Sequence assembly is not quite as straightforward as Fig. 13.1 suggests. Real sequences are composed of the nucleotides A, T, G, and C, and any given short sequence could come from either strand of the double-stranded DNA molecule. Therefore, the overlaps between fragments must be long enough both to ensure that the assembly is correct and to determine from which strand of DNA the short sequence originated.

Some features of genomes present additional challenges to sequence assembly, and the limitations of the computer programs for handling such features require hands-on assembly. Chief among these complicating features is the problem of repeated sequences known collectively as repetitive DNA.

274

There are a variety of types of repeated sequence in eukaryotic genomes, and some are shown in Fig. 13.2. The repeated sequence may be several thousand nucleotides long and present in multiple identical or nearly identical copies. These long repeated sequences may be dispersed throughout the genome (Fig. 13.2a), or they may be tandem, meaning that they are next to each other (Fig. 13.2b).

image
FIG. 13.2 Principal types of sequence repeats found in eukaryotic genomes. Repeats often pose problems in DNA sequencing. (Repeats are not drawn to scale.)

The difficulty with long repeated sequences is that they typically are much longer than the short fragments sequenced by automated sequencing. As a result, the repeat may not be detected at all. And if the repeat is detected, there is no easy way of knowing the number of copies of the repeat, that is, whether the DNA molecule includes two, three, four, or any number of copies of the repeat. Sometimes, researchers can use the ends of repeats, where the fragments overlap with an adjacent, nonrepeating sequence, as a guide to the position and number of repeats.

To illustrate the assembly problems caused by repeated sequences, let’s consider an analogy. In Shakespeare’s play Hamlet, the word “Hamlet” occurs about 500 times scattered throughout the text, like a dispersed repeat (Fig. 13.2a). If you chose short sequences of letters from the play at random and found the sequence “Hamlet” or “amlet” or “Haml,” you would have no way of knowing which of the 500 “Hamlets” these letters came from. Only if you found sequences that contained “Hamlet” overlapping with adjacent unique text could you identify their origin. A similar problem occurs in the case of tandem repeats.

In another type of repeat the repeating sequence is short, even as short as two nucleotides, such as AT, repeated over and over again in a stretch of DNA (Fig. 13.2c). Short repeating sequences of this kind are troublesome for sequencing machines because any single-stranded fragment consisting of alternating AT can fold back upon itself to form a double-stranded structure in which A is paired with T. Such structures are more stable than the unfolded single-stranded structures and are not easily sequenced. It is quite easy to see that the sequence 5′-AAAAAATTTTTT-3′ can fold back itself to form a hairpin because the 5′-AAAAAA-3′ is complementary to the 3′-TTTTTT-5′. Any sequence that contains internal complementarity can form a foldback loop, including the sequence 5′-ATATATA-3′ in Fig. 13.2c.

Quick Check 2 Let’s say that a stretch of repeated AT is successfully sequenced.

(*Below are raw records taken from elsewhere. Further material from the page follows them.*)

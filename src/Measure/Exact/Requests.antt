-- ===== src/Measure/Exact/Requests.antt =====
-- The requests of scripts/measure-exact-costs.ts.
use solana.Prelude.{
  ℕ, ◌-◌, [], ◌∷◌, ◌++◌, Bytes, Pubkey, key_bytes, le_bytes, length, replicate, ascii,
}
use solana.Script.{Request, text, number, buffer}
use solana.Measure.{Setup, get_metadata_pda, get_master_edition_pda, address}

-- `Buffer.alloc(32, n)` is `replicate 32 n`.

-- `key.padEnd(32, "\0")`
unfoldable pub pad_end : Bytes → Bytes
pad_end key = key ++ replicate (32 - length key) 0

abbrev pub metadata_key : Bytes
metadata_key = ascii "description"

abbrev pub nonce : ℕ
nonce = 12345

module _ (s : Setup) where
  open s use {web3, programs}

  abbrev payer : Pubkey
  payer = s.wallet

  abbrev pub config_pda : Pubkey
  config_pda = address s (ascii "config" ∷ []) programs.identity

  abbrev pub validation_config_pda : Pubkey
  validation_config_pda = address s (ascii "config" ∷ []) programs.validation

  abbrev pub agent_account : Pubkey
  agent_account = address s (ascii "agent" ∷ key_bytes s.agent_mint ∷ []) programs.identity

  unfoldable pub initialize : Request
  initialize = record {
    program = programs.identity;
    method = ascii "initialize";
    arguments = [];
    accounts =
        (ascii "config", config_pda)
        ∷ (ascii "authority", payer)
        ∷ (ascii "collectionMint", s.collection_mint)
        ∷ (ascii "collectionMetadata", get_metadata_pda s s.collection_mint)
        ∷ (ascii "collectionMasterEdition", get_master_edition_pda s s.collection_mint)
        ∷ (ascii "collectionTokenAccount", s.associated_address s.collection_mint payer)
        ∷ (ascii "systemProgram", programs.system_program)
        ∷ (ascii "tokenProgram", programs.token_program)
        ∷ (ascii "associatedTokenProgram", programs.associated_token_program)
        ∷ (ascii "rent", programs.rent)
        ∷ (ascii "tokenMetadataProgram", programs.token_metadata_program)
        ∷ (ascii "sysvarInstructions", programs.sysvar_instructions)
        ∷ [];
    pre_instructions = [];
    signers = s.collection_mint ∷ [];
  }

  unfoldable pub register : Request
  register = record {
    program = programs.identity;
    method = ascii "register";
    arguments = text (ascii "ipfs://QmTest123") ∷ [];
    accounts =
        (ascii "config", config_pda)
        ∷ (ascii "authority", payer)
        ∷ (ascii "agentAccount", agent_account)
        ∷ (ascii "agentMint", s.agent_mint)
        ∷ (ascii "agentMetadata", get_metadata_pda s s.agent_mint)
        ∷ (ascii "agentMasterEdition", get_master_edition_pda s s.agent_mint)
        ∷ (ascii "agentTokenAccount", s.associated_address s.agent_mint payer)
        ∷ (ascii "collectionMint", s.collection_mint)
        ∷ (ascii "collectionMetadata", get_metadata_pda s s.collection_mint)
        ∷ (ascii "collectionMasterEdition", get_master_edition_pda s s.collection_mint)
        ∷ (ascii "owner", payer)
        ∷ (ascii "systemProgram", programs.system_program)
        ∷ (ascii "tokenProgram", programs.token_program)
        ∷ (ascii "associatedTokenProgram", programs.associated_token_program)
        ∷ (ascii "rent", programs.rent)
        ∷ (ascii "tokenMetadataProgram", programs.token_metadata_program)
        ∷ (ascii "sysvarInstructions", programs.sysvar_instructions)
        ∷ [];
    pre_instructions = [];
    signers = s.agent_mint ∷ [];
  }

  unfoldable pub set_metadata : ℕ → Request
  set_metadata agent_id = record {
    program = programs.identity;
    method = ascii "setMetadata";
    arguments =
        number agent_id ∷ text (pad_end metadata_key) ∷ text (ascii "Test agent description") ∷ [];
    accounts =
        (ascii "agentAccount", agent_account)
        ∷ (
          ascii "metadataEntry",
          address s (ascii "metadata" ∷ web3.to_array_like agent_id ∷ pad_end metadata_key ∷ [])
              programs.identity,
        )
        ∷ (ascii "owner", payer)
        ∷ (ascii "systemProgram", programs.system_program)
        ∷ [];
    pre_instructions = [];
    signers = [];
  }

  unfoldable pub set_agent_uri : Request
  set_agent_uri = record {
    program = programs.identity;
    method = ascii "setAgentUri";
    arguments = text (ascii "ipfs://QmUpdated456") ∷ [];
    accounts =
        (ascii "agentAccount", agent_account)
        ∷ (ascii "agentMint", s.agent_mint)
        ∷ (ascii "agentMetadata", get_metadata_pda s s.agent_mint)
        ∷ (ascii "owner", payer)
        ∷ (ascii "tokenMetadataProgram", programs.token_metadata_program)
        ∷ (ascii "systemProgram", programs.system_program)
        ∷ (ascii "sysvarInstructions", programs.sysvar_instructions)
        ∷ [];
    pre_instructions = [];
    signers = [];
  }

  -- The two feedbacks differ in score, file and index.
  unfoldable pub give_feedback : ℕ → ℕ → Bytes → ℕ → Request
  give_feedback agent_id score uri index = record {
    program = programs.reputation;
    method = ascii "giveFeedback";
    arguments =
        number agent_id
        ∷ number score
        ∷ buffer (replicate 32 0)
        ∷ buffer (replicate 32 0)
        ∷ text uri
        ∷ buffer (replicate 32 0)
        ∷ number index
        ∷ [];
    accounts =
        (ascii "client", payer)
        ∷ (ascii "payer", payer)
        ∷ (ascii "agentMint", s.agent_mint)
        ∷ (ascii "agentAccount", agent_account)
        ∷ (
          ascii "clientIndex",
          address s (ascii "client_index" ∷ web3.to_array_like agent_id ∷ key_bytes payer ∷ [])
              programs.reputation,
        )
        ∷ (
          ascii "feedbackAccount",
          address s
              (ascii "feedback"
                ∷ web3.to_array_like agent_id
                ∷ key_bytes payer
                ∷ web3.to_array_like index
                ∷ [])
              programs.reputation,
        )
        ∷ (
          ascii "agentReputation",
          address s (ascii "agent_reputation" ∷ web3.to_array_like agent_id ∷ [])
              programs.reputation,
        )
        ∷ (ascii "identityRegistryProgram", programs.identity)
        ∷ (ascii "systemProgram", programs.system_program)
        ∷ [];
    pre_instructions = [];
    signers = [];
  }

  unfoldable pub initialize_validation : Request
  initialize_validation = record {
    program = programs.validation;
    method = ascii "initialize";
    arguments = [];
    accounts =
        (ascii "config", validation_config_pda)
        ∷ (ascii "authority", payer)
        ∷ (ascii "identityRegistryProgram", programs.identity)
        ∷ (ascii "systemProgram", programs.system_program)
        ∷ [];
    pre_instructions = [];
    signers = [];
  }

  -- `new Uint32Array([nonce]).buffer`, on a little-endian machine.
  abbrev pub validation_address : ℕ → Pubkey
  validation_address agent_id =
      address s
        (ascii "validation"
          ∷ web3.to_array_like agent_id
          ∷ key_bytes s.validator
          ∷ le_bytes 4 nonce
          ∷ [])
        programs.validation

  unfoldable pub request_validation : ℕ → Request
  request_validation agent_id = record {
    program = programs.validation;
    method = ascii "requestValidation";
    arguments = number agent_id ∷ number nonce ∷ buffer (replicate 32 1) ∷ [];
    accounts =
        (ascii "config", validation_config_pda)
        ∷ (ascii "agent", payer)
        ∷ (ascii "agentAccount", agent_account)
        ∷ (ascii "agentMint", s.agent_mint)
        ∷ (ascii "validator", s.validator)
        ∷ (ascii "validationRequest", validation_address agent_id)
        ∷ (ascii "identityRegistryProgram", programs.identity)
        ∷ (ascii "systemProgram", programs.system_program)
        ∷ [];
    pre_instructions = [];
    signers = [];
  }

  unfoldable pub respond_to_validation : ℕ → Request
  respond_to_validation agent_id = record {
    program = programs.validation;
    method = ascii "respondToValidation";
    arguments = number agent_id ∷ number nonce ∷ buffer (replicate 32 2) ∷ number 100 ∷ [];
    accounts =
        (ascii "validator", s.validator)
        ∷ (ascii "validationRequest", validation_address agent_id)
        ∷ (ascii "systemProgram", programs.system_program)
        ∷ [];
    pre_instructions = [];
    signers = s.validator ∷ [];
  }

From what you know of the difficulties of sequencing long repeated sequences, what other problems might you encounter in assembling these fragments?

Quick Check 2 Answer

Even when short repeated sequences can be sequenced, there is an assembly problem similar to that for longer repeats in which the researcher has no way of knowing where in the repeat any particular sequenced fragment should be assigned. The result is that the total number of repeats remains unresolved. It could be in the hundreds, thousands, tens of thousands, hundreds of thousands, or even millions.